**Exercise materials**
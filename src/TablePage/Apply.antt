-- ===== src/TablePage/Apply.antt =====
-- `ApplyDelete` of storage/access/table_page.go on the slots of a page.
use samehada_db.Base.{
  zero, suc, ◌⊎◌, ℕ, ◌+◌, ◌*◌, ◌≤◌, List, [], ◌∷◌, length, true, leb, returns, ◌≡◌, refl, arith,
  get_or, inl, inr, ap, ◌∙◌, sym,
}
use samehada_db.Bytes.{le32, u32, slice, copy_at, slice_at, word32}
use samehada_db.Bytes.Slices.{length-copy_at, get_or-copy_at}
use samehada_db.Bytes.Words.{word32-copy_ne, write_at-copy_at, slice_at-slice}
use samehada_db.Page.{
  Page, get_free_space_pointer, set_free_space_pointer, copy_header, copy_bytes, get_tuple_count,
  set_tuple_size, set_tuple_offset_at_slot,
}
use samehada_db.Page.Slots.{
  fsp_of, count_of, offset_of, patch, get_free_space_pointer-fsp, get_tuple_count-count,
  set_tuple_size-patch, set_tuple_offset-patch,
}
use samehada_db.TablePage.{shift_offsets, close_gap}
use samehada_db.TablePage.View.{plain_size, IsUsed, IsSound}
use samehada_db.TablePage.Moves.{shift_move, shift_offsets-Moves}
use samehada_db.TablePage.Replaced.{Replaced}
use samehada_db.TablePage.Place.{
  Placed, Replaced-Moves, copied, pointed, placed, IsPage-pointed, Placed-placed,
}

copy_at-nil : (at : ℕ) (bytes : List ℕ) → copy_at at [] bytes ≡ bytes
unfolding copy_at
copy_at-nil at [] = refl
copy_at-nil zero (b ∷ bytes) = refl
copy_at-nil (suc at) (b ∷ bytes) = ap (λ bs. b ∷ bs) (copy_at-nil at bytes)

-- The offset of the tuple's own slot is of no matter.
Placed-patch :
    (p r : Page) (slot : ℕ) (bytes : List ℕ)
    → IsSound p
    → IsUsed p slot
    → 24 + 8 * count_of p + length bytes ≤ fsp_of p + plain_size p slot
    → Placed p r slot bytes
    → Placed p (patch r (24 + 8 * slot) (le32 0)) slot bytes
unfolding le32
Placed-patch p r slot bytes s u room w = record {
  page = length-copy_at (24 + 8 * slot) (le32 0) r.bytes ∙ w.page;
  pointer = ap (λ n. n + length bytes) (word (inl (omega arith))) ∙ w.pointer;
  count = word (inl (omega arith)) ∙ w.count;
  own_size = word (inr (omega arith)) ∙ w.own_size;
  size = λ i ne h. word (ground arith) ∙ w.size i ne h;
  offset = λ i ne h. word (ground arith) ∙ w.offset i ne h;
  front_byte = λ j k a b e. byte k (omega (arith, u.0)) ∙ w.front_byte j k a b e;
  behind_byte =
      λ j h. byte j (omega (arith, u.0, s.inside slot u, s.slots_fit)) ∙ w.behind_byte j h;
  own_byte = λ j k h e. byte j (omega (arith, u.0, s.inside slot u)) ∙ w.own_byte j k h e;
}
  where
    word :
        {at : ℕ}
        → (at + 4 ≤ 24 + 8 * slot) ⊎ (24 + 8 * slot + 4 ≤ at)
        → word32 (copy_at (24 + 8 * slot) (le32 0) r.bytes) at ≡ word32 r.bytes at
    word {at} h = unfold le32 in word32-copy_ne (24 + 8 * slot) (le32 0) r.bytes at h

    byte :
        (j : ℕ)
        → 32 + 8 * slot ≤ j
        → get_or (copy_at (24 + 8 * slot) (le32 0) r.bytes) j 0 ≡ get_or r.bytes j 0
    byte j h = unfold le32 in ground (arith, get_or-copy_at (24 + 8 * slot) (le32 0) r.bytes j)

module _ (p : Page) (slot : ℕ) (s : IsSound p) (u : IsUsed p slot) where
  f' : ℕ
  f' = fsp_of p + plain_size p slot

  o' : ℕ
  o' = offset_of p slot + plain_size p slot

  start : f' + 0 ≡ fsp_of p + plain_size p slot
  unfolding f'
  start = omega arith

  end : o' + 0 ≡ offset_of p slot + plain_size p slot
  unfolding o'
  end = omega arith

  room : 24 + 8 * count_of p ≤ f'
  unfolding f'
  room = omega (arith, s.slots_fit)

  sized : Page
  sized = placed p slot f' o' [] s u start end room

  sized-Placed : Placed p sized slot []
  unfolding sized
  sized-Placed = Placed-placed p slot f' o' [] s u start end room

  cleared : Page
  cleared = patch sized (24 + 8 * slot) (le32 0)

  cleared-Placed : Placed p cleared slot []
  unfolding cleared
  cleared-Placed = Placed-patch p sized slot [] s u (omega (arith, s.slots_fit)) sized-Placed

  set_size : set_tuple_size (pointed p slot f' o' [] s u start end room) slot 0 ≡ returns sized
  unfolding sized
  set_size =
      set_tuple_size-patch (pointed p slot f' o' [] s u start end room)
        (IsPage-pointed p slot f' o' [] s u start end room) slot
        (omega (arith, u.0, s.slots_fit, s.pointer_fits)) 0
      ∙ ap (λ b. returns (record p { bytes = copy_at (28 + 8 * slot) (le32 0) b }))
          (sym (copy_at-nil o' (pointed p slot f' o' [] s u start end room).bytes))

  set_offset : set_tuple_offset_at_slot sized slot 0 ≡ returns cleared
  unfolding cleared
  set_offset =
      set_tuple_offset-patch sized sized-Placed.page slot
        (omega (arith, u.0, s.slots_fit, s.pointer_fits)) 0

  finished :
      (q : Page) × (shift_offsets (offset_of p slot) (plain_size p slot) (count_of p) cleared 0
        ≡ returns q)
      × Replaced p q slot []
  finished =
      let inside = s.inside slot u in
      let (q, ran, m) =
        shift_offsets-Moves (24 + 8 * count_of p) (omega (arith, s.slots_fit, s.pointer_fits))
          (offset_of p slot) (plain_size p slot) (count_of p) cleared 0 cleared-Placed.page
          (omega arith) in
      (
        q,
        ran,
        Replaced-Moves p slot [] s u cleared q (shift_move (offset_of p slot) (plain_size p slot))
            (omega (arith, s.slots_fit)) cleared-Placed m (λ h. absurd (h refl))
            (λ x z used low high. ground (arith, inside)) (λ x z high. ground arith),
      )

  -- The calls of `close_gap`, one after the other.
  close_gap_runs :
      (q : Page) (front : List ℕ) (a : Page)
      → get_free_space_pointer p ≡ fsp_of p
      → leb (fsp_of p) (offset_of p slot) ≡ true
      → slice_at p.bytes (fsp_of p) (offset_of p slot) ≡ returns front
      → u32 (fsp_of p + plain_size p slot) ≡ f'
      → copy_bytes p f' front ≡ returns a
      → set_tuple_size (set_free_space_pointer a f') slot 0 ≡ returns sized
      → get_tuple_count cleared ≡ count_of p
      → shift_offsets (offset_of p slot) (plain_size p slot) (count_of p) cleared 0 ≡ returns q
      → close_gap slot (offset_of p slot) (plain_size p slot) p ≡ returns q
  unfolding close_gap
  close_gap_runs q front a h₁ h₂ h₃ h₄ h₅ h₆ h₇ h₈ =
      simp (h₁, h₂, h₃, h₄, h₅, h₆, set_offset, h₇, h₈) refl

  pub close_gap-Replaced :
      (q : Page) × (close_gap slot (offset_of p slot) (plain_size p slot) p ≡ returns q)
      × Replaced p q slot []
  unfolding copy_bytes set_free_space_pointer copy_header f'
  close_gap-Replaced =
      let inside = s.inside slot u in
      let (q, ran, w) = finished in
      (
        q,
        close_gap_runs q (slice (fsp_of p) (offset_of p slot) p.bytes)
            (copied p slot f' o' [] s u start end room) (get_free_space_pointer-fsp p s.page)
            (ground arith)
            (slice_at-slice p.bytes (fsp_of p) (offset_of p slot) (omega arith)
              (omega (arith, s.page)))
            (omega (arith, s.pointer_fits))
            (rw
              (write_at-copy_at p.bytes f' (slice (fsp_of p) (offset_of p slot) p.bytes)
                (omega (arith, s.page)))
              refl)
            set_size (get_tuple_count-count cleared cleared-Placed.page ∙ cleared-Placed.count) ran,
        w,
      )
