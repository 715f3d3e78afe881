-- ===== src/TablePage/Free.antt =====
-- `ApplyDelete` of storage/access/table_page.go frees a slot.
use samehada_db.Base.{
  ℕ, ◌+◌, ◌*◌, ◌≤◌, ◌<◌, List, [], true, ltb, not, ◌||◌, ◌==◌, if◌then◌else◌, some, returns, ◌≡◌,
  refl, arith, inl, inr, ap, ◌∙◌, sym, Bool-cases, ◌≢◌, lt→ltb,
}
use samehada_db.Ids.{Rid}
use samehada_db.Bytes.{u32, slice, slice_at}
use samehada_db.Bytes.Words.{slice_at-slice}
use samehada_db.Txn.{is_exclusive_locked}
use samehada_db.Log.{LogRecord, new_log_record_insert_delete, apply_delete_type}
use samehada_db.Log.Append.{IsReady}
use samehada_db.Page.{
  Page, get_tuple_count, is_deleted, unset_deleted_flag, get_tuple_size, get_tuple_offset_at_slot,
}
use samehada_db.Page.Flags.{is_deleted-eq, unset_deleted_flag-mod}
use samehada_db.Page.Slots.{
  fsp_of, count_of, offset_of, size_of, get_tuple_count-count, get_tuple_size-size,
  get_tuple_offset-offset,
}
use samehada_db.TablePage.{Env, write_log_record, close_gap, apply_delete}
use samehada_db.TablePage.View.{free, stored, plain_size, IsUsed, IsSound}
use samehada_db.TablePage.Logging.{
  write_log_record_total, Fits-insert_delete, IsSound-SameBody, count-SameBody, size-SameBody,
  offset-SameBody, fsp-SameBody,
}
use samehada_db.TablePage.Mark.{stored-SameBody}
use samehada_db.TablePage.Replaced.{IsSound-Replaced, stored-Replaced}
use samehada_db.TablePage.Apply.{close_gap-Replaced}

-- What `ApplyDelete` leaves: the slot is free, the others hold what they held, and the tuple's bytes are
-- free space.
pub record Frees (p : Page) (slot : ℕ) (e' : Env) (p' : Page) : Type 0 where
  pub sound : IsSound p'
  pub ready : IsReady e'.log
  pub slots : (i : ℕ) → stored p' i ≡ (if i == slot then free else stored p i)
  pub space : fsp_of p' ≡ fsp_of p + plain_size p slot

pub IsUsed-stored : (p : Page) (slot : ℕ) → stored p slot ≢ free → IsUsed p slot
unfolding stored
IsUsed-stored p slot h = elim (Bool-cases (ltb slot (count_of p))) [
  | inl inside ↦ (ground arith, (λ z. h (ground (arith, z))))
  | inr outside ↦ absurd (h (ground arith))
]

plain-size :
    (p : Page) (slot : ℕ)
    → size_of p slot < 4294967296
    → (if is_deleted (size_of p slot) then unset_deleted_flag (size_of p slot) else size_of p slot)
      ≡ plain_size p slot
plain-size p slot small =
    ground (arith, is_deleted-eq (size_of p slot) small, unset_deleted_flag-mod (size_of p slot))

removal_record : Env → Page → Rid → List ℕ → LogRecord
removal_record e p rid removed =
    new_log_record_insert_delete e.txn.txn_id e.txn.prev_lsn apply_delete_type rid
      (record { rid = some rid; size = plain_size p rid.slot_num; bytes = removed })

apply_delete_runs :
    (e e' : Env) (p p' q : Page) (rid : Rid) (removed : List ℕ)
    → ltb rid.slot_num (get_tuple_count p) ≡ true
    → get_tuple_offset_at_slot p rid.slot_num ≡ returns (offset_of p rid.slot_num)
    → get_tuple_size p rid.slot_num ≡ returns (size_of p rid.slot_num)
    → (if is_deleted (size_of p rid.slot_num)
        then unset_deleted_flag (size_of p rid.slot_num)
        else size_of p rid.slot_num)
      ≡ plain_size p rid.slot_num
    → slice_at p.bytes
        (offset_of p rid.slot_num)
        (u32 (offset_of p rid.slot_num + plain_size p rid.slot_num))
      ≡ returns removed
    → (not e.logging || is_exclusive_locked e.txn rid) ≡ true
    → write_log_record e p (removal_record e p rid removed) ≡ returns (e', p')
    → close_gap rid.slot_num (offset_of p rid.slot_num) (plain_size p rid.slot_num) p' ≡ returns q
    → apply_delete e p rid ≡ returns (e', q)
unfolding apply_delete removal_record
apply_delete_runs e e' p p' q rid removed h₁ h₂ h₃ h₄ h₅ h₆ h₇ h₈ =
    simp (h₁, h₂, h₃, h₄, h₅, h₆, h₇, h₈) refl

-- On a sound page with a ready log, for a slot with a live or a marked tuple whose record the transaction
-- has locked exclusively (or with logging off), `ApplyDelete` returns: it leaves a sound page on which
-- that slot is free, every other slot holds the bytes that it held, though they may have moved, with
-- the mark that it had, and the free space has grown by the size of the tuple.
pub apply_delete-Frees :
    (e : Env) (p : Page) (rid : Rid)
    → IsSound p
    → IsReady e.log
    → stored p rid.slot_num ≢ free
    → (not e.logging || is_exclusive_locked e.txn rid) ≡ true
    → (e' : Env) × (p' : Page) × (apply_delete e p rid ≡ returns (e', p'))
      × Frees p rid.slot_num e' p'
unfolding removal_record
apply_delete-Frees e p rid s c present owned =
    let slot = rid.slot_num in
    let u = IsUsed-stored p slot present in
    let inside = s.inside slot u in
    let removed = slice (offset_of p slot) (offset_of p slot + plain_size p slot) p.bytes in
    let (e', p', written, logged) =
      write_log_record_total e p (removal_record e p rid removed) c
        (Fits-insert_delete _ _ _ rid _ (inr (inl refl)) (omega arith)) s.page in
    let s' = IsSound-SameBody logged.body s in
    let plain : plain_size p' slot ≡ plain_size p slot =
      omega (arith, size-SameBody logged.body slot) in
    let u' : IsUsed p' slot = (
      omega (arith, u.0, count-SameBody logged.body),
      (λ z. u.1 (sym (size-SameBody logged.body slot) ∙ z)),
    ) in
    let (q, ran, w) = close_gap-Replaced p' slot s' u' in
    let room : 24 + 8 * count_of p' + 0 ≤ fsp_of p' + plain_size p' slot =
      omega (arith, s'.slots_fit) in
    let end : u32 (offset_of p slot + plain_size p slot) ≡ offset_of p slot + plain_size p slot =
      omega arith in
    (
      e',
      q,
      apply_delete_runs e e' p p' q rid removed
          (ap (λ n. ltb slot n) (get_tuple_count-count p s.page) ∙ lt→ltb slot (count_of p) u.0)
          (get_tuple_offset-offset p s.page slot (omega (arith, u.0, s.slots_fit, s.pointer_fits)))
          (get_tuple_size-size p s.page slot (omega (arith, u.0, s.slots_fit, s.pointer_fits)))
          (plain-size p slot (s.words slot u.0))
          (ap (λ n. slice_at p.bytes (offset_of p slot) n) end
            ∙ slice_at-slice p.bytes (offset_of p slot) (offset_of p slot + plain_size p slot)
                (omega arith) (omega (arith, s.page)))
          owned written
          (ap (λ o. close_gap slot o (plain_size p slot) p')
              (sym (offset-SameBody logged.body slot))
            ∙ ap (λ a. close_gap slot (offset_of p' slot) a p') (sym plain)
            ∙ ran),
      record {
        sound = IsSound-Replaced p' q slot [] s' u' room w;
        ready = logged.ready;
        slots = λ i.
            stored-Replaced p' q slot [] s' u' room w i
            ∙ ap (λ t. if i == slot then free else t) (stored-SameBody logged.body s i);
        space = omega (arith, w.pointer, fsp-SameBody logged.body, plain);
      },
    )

**Problem to work on**
If a line in the records above has the word "ground", copy it.

**Exercise response**
  size = λ i ne h. word (ground arith) ∙ w.size i ne h;
  offset = λ i ne h. word (ground arith) ∙ w.offset i ne h;
    byte j h = unfold le32 in ground (arith, get_or-copy_at (24 + 8 * slot) (le32 0) r.bytes j)
            (λ x z used low high. ground (arith, inside)) (λ x z high. ground arith),
            (ground arith)
  | inl inside ↦ (ground arith, (λ z. h (ground (arith, z))))
  | inr outside ↦ absurd (h (ground arith))
    ground (arith, is_deleted-eq (size_of p slot) small, unset_deleted_flag-mod (size_of p slot))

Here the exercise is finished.